Today is my birthday. Yep. Turned 54 at 8:22am this morning according to my birth certificate. I was born in Monterey, California at a military hospital. My dad was in the Navy attending language school. The word is, I was about a week late. Some family from Texas drove out for my birth, but missed my arrival because they had to go back home.
Who is that fat little guy?
I guess in many ways I have been a late to a lot of things in life. But like they say…better late than never!
I joke around with my friends that I can’t wait until I turn 55 because we will get discounts on both ends of the spectrum. I will get senior discounts, and my son, who will be five, will still get free meals. Sweet!
I was thinking back over my life, specifically the past five years which have flown by faster than any other time in my life.
I never guessed I would be doing what I am doing now. Five years ago I stood at a crossroad not sure where either path would take me. One path potentially took us back overseas to serve as missionaries for an unknown length of time. The other path honestly frightened me more—foster care and adoption. I had resolved that I would never be a father to a child that I called my own.
Both paths were born out of obedience. I wanted to obey God’s call to respond—respond to going to the nations; respond to the fatherless. As you probably know, I, along with Danielle, chose to go down the path of foster care and adoption. Why did this path frighten me more than moving overseas to serve as a missionary? It consisted of more unknown outcomes, at least in my mind. And, I wasn’t sure in my abilities to parent a child, either temporarily or forever.
Another caveat to making that decision five years ago was that I didn’t know what career I would pursue if we didn’t serve as missionaries..
In 2011, we did become foster parents. And I decided on a new career path. I became a writer.
I knew nothing about either one!
That same year I agreed to be the president of the board of a new nonprofit that a good friend was starting. I knew nothing about how to do that either!
Now I understand why these past five years have flown by!
Strangely some days, many actually, I wonder if I have accomplished anything these past few years. But as I look more closely I feel better. We adopted a son. I published a book about foster care and adoption. And I helped that nonprofit become a thriving ministry in its community.
Each of these and many other adventures have taught me a few things. Sure what I learned isn’t new in any respect, but sometimes we have to live it to really learn it.
5 Things I Have Learned that I Can Take into My Second 50 Years:
- Go ahead, make a decision. Making life altering decisions can freeze a person. Any of these easily could have done that, but we stepped out in faith that God was leading us. God proved faithful in showing us what to do each step along the way.
- Don’t be afraid to fail. Fear of failure shuts down even the best. But in my 50s I recognize that I don’t have time to be afraid of failure. If something doesn’t work out, I can recalibrate and try again or try something else.

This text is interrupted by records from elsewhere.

-- ===== src/Reporter/Identifier.antt =====
-- certificate_reporter.go: `certificateUUID`, `validCertificateUUID` and `validBearer`.
use caddy_storage_redis.Prelude.{
  ℕ, ◌+◌, ◌%◌, Bytes, [], ◌∷◌, ◌++◌, Bool, false, ◌&&◌, ◌||◌, none, some, if◌then◌else◌, equal,
  length, take, drop, ◌==◌,
}
use caddy_storage_redis.Go.Base64
use caddy_storage_redis.Go.Hex
use caddy_storage_redis.Health.{lower_hex}

-- `s[i]`, and 0 beyond the end, where Go would panic
abbrev pub byte_at : ℕ → Bytes → ℕ
byte_at i s = elim (drop i s) [ [] ↦ 0 | c ∷ r ↦ c ]

-- `strings.ReplaceAll(s, "-", "")`
unfoldable pub without_dashes : Bytes → Bytes
without_dashes [] = []
without_dashes (c ∷ s) = let rest = without_dashes s in if c == b'-' then rest else c ∷ rest

-- The version and the variant, `b[6]&0x0f|0x40` and `b[8]&0x3f|0x80`
abbrev pub with_version : ℕ → ℕ
with_version b = b % 16 + 64

abbrev pub with_variant : ℕ → ℕ
with_variant b = b % 64 + 128

-- The sixteen random bytes with both.
unfoldable pub stamp : Bytes → Bytes
stamp b =
    take 6 b ++ (with_version (byte_at 6 b) ∷ byte_at 7 b ∷ with_variant (byte_at 8 b) ∷ drop 9 b)

-- Groups of a hexadecimal text.
abbrev pub slice : ℕ → ℕ → Bytes → Bytes
slice from n h = take n (drop from h)

-- The five groups, with dashes between them.
abbrev pub grouped : Bytes → Bytes
grouped h =
    take 8 h
    ++ (b'-'
        ∷ (slice 8 4 h ++ (b'-' ∷ (slice 12 4 h ++ (b'-' ∷ (slice 16 4 h ++ (b'-' ∷ drop 20 h)))))))

-- `certificateUUID`, of the bytes that were read
unfoldable pub certificate_uuid : Bytes → Bytes
unfolding stamp Hex.encode_to_string
certificate_uuid b = grouped (Hex.encode_to_string (stamp b))

abbrev pub is_variant : ℕ → Bool
is_variant c = c == b'8' || c == b'9' || c == b'a' || c == b'b'

-- `validCertificateUUID`
unfoldable pub valid_certificate_uuid : Bytes → Bool
unfolding without_dashes lower_hex
valid_certificate_uuid s =
    (length s == 36)
    && (byte_at 8 s == b'-')
    && (byte_at 13 s == b'-')
    && (byte_at 18 s == b'-')
    && (byte_at 23 s == b'-')
    && (byte_at 14 s == b'4')
    && is_variant (byte_at 19 s)
    && lower_hex (without_dashes s) 32

-- `validBearer`
unfoldable pub valid_bearer : Bytes → Bool
unfolding Base64.decode_string Base64.encode_to_string equal
valid_bearer s = elim (Base64.decode_string s) [
  | none ↦ false
  | some b ↦ (length b == 32) && equal (Base64.encode_to_string b) s
]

- Don’t take myself too seriously. When I was younger, like most young men, I wanted to change the world. Not that I still don’t want to live a life of influence, but I don’t care if anyone knows who I am. I don’t care if I ever become a well-known writer and blogger. I am content investing in whoever God places in my life, especially my son.
- Stay in the moment. I have written about this a lot. But it’s true. I can’t undo any of the past, and I can’t live tomorrow today. A friend once said, “God gives us the grace to live just one day at a time.”

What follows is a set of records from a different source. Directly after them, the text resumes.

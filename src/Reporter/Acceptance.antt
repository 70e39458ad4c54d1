-- ===== src/Reporter/Acceptance.antt =====
-- certificate_reporter.go: `parseCertificateAcceptance`.
use caddy_storage_redis.Prelude.{
  ℕ, zero, suc, ◌+◌, ◌*◌, Bytes, List, [], ◌∷◌, Bool, true, false, ◌&&◌, Option, none, some,
  if◌then◌else◌, equal, codes, length, ltb, leb, ◌==◌, contains,
}
use caddy_storage_redis.Go.Strconv.{ℤ, pos, negsuc}
use caddy_storage_redis.Reporter.{CertificateAcceptance, certificate_lifetime, second}
use caddy_storage_redis.Reporter.Identifier.{valid_certificate_uuid, valid_bearer}

-- What `Token` gives: a delimiter, a string, another value, the end, or another error.
pub data Token : Type 0 where
  delimiter : ℕ → Token
  text : Bytes → Token
  value end_of_input failure : Token

-- `json.Decoder` of encoding/json, and the RFC 3339 layout of package time
pub record Formats : Type 1 where
  pub Decoder : Type 0
  pub new_decoder : Bytes → Decoder
  pub token : Decoder → Token × Decoder
  pub more : Decoder → Bool
  -- `Decode` into a string or an int, that has a value before; `none` is an error
  pub decode_text : Bytes → Decoder → Option (Bytes × Decoder)
  pub decode_int : ℤ → Decoder → Option (ℤ × Decoder)
  pub parse_rfc3339 : Bytes → Option ℕ
  pub format_rfc3339 : ℕ → Bytes

abbrev pub empty_acceptance : CertificateAcceptance
empty_acceptance = record {
  report_id = [];
  verification_nonce = [];
  check_after_seconds = pos 0;
  expires_at = [];
}

abbrev pub is_thirty : ℤ → Bool
is_thirty (pos n) = n == 30
is_thirty (negsuc n) = false

-- A fifth key is a second one of its name, or another one.
abbrev pub members_fuel : ℕ
members_fuel = 5

module _ (J : Formats) where
  unfoldable pub with_text :
      (Bytes → CertificateAcceptance)
      → Option (Bytes × J.Decoder)
      → Option (CertificateAcceptance × J.Decoder)
  with_text f none = none
  with_text f (some (v, d)) = some (f v, d)

  unfoldable pub with_int :
      CertificateAcceptance → Option (ℤ × J.Decoder) → Option (CertificateAcceptance × J.Decoder)
  with_int a none = none
  with_int a (some (v, d)) = some (record a { check_after_seconds = v }, d)

  -- The switch on the key.
  unfoldable pub member :
      Bytes → CertificateAcceptance → J.Decoder → Option (CertificateAcceptance × J.Decoder)
  unfolding equal with_text with_int
  member key a d =
      if equal key (codes "report_id")
      then with_text (λ v. record a { report_id = v }) (J.decode_text a.report_id d)
      else if equal key (codes "verification_nonce")
      then with_text (λ v. record a { verification_nonce = v })
          (J.decode_text a.verification_nonce d)
      else if equal key (codes "check_after_seconds")
      then with_int a (J.decode_int a.check_after_seconds d)
      else if equal key (codes "expires_at")
      then with_text (λ v. record a { expires_at = v }) (J.decode_text a.expires_at d)
      else none

  -- The key of the next member, and what it holds.
  unfoldable pub next_member :
      List Bytes
      → CertificateAcceptance
      → Token × J.Decoder
      → Option (Bytes × CertificateAcceptance × J.Decoder)
  unfolding member contains
  next_member seen a (text key, d) =
      if contains seen key
      then none
      else elim (member key a d) [ none ↦ none | some (b, e) ↦ some (key, b, e) ]
  next_member seen a _ = none

  -- The loop over the members, with the keys seen. `none` is that the fuel has run out, `some none`
  -- that the text is refused.
  unfoldable pub members :
      ℕ
      → List Bytes
      → CertificateAcceptance
      → J.Decoder
      → Option (Option (List Bytes × CertificateAcceptance × J.Decoder))
  unfolding next_member
  members zero seen a d = none
  members (suc n) seen a d =
      if J.more d
      then elim (next_member seen a (J.token d)) [
        | none ↦ some none
        | some (key, b, e) ↦ members n (key ∷ seen) b e
      ]
      else some (some (seen, a, d))

  -- The object is closed, and nothing follows it.
  unfoldable pub closes : J.Decoder → Bool
  closes d =
      let (close, e) = J.token d in
      elim close [
        | end_of_input ↦ false
        | failure ↦ false
        | _ ↦ (elim (J.token e).0 [ end_of_input ↦ true | _ ↦ false ])
      ]

  -- The conditions on what was read.
  unfoldable pub is_sound : ℕ → List Bytes → CertificateAcceptance → Bool
  unfolding valid_certificate_uuid valid_bearer equal
  is_sound now seen a = elim (J.parse_rfc3339 a.expires_at) [
    | none ↦ false
    | some expires ↦
        (length seen == 4)
        && valid_certificate_uuid a.report_id
        && valid_bearer a.verification_nonce
        && is_thirty a.check_after_seconds
        && equal (J.format_rfc3339 expires) a.expires_at
        && ltb now expires
        && leb expires (now + (certificate_lifetime + 10 * second))
  ]

  unfoldable pub conclude :
      ℕ → Option (List Bytes × CertificateAcceptance × J.Decoder) → Option CertificateAcceptance
  unfolding closes is_sound
  conclude now none = none
  conclude now (some (seen, a, d)) = if closes d && is_sound now seen a then some a else none

  -- After the first token.
  unfoldable pub read_object : ℕ → Token × J.Decoder → Option (Option CertificateAcceptance)
  unfolding members conclude
  read_object now (delimiter c, d) =
      if c == b'{'
      then elim (members members_fuel [] empty_acceptance d) [
        | none ↦ none
        | some r ↦ some (conclude now r)
      ]
      else some none
  read_object now (_, d) = some none

  -- `parseCertificateAcceptance`; every error has the same text
  unfoldable pub parse_certificate_acceptance : Bytes → ℕ → Option (Option CertificateAcceptance)
  unfolding read_object
  parse_certificate_acceptance payload now = read_object now (J.token (J.new_decoder payload))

- Keep trusting. If God has taught me anything else besides staying in the moment over the past five or so years, it’s this. He proves Himself faithful over and over.
I have no doubt that I will find myself at the crossroads of big decisions again. In fact, we have some before us now, including mission work overseas.
Thank you God for these 54 years you have graced me with along with my beautiful family. They are a gift from You.
Question for You: What is one thing you have learned over the past 5 years that changed the way you live life?